What if I already have general liability cover?
Unfortunately, losses incurred on the internet are typically not covered by general business liability insurance. A general liability policy covers you against third party property damage and personal injury. But to make a claim, some type of physical damage needs to have occurred and because electronic data is not considered to be physical property, no such claim can be recognised.
What about cyber security?
While a cyber attack is virtually inevitable for every business with an online presence, the speed with which it can be countered and the degree of damage it does can be controlled through cyber security and risk management procedures.
Cyber insurance should therefore not be seen as an alternative to cyber security, but as an additional layer of protection against cybercrime. Risk management practices are still vital for every business and indeed, will be required to be in place before most cyber insurers will cover you.
And there are a large number of things a business can do to minimise the likelihood and severity of a cyber attack, including:
- Installing and maintaining malware and antivirus programs
- Backing up data regularly and storing it securely to facilitate fast recovery following an attack
- Having the latest firewall technology and Intrusion Prevention Systems (IPS) in place to detect and prevent system intrusions
- Using the latest encryption on all incoming and outgoing data traffic
- Enforcing strong passwords and authentication procedures
Did you know that Kiandra engagement statistics identified that 45% of passwords used within an organisation are ‘high risk’?
Common passwords to avoid include:
- Days of the week
- Months of the year
- Seasons (eg. Autumn, Winter etc.)
- The name of the company or its services/products
- Securing BYOD devices both on and off the premises
- Having online security policies and providing regular security training for employees
- Employing a security firm to do regular penetration tests on your system to discover and fix any weaknesses.
Governments are also tightening up online security measures. The Australian Government’s new Cyber Security policy has earmarked $230 million towards the fight against cybercrime. New legislation is also soon likely to require businesses to undergo regular risk assessments, have online security policies in place, and inform their customers of any security breaches in a timely manner.
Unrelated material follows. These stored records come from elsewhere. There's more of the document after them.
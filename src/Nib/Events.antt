-- ===== src/Nib/Events.antt =====
-- pdsno/datastore/sqlite_store.py: the event log.
pub mod Log
mod Tests
use partially_distributed_sm.Common.{
  Bool, List, String, [], append_text, find_row, if◌then◌else◌, nat_eq, non_empty, none, some,
  string_eq, ℕ, ◌++◌, ◌==◌, ◌∷◌,
}
use partially_distributed_sm.Platform.{Platform}
use partially_distributed_sm.Nib.Models.{
  Event, Reply, integrity_error, missing, missing_fields, refused, result, succeeded,
}
use partially_distributed_sm.Nib.Store.{NibStore}

abbrev pub has_event_id : String → Event → Bool
has_event_id id e = e.event_id == id

unfoldable pub required_of_event : Event → List String
required_of_event e = missing (
    ("event_type", non_empty e.event_type)
    ∷ ("actor", non_empty e.actor)
    ∷ ("action", non_empty e.action)
    ∷ [])

module _ (p : Platform) (secret_key : List ℕ) where
  -- What the signature of an event covers.
  unfoldable pub event_content : Event → String
  event_content e = append_text e.event_type (
      append_text e.actor
        (append_text (p.isoformat e.timestamp) (append_text e.action (p.json_text e.details))))

  -- The event as it is written: `fresh_id` is made by `uuid`.
  unfoldable pub sealed : String → Event → Event
  sealed fresh_id e = record e {
    event_id = if non_empty e.event_id then e.event_id else fresh_id;
    signature = some (p.hmac_text secret_key (event_content e));
  }

  module _ {Blob : Type 0} where
    -- The primary key refuses a second event with the id.
    abbrev pub append_event : Event → NibStore Blob → NibStore Blob × Reply
    append_event e s = elim (find_row (has_event_id e.event_id) s.events) [
      | some _ ↦ (s, integrity_error)
      | none ↦ (record s { events = s.events ++ e ∷ [] }, result (succeeded (some e.event_id)))
    ]

    abbrev pub check_event :
        List String → NibStore Blob × Reply → NibStore Blob → NibStore Blob × Reply
    check_event [] outcome s = outcome
    check_event (f ∷ fs) outcome s = (s, result (refused (missing_fields (f ∷ fs))))

    unfoldable pub write_event : Event → String → NibStore Blob → NibStore Blob × Reply
    write_event e fresh_id s =
        check_event (required_of_event e) (append_event (sealed fresh_id e) s) s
Stricter security standards for online credit card payments are also likely to be introduced.
How much cyber insurance will you need?
There’s little doubt that cyber insurance is here to stay and will continue to grow in popularity as more businesses realise the need for additional protection from cybercrime. How much cyber insurance a business needs will depend on how much of their business is conducted online. But given that even a single email is capable of letting a hacker into your network, it would be fair to say that a cyber insurance policy of some description will soon be a standard inclusion in most business insurance portfolios.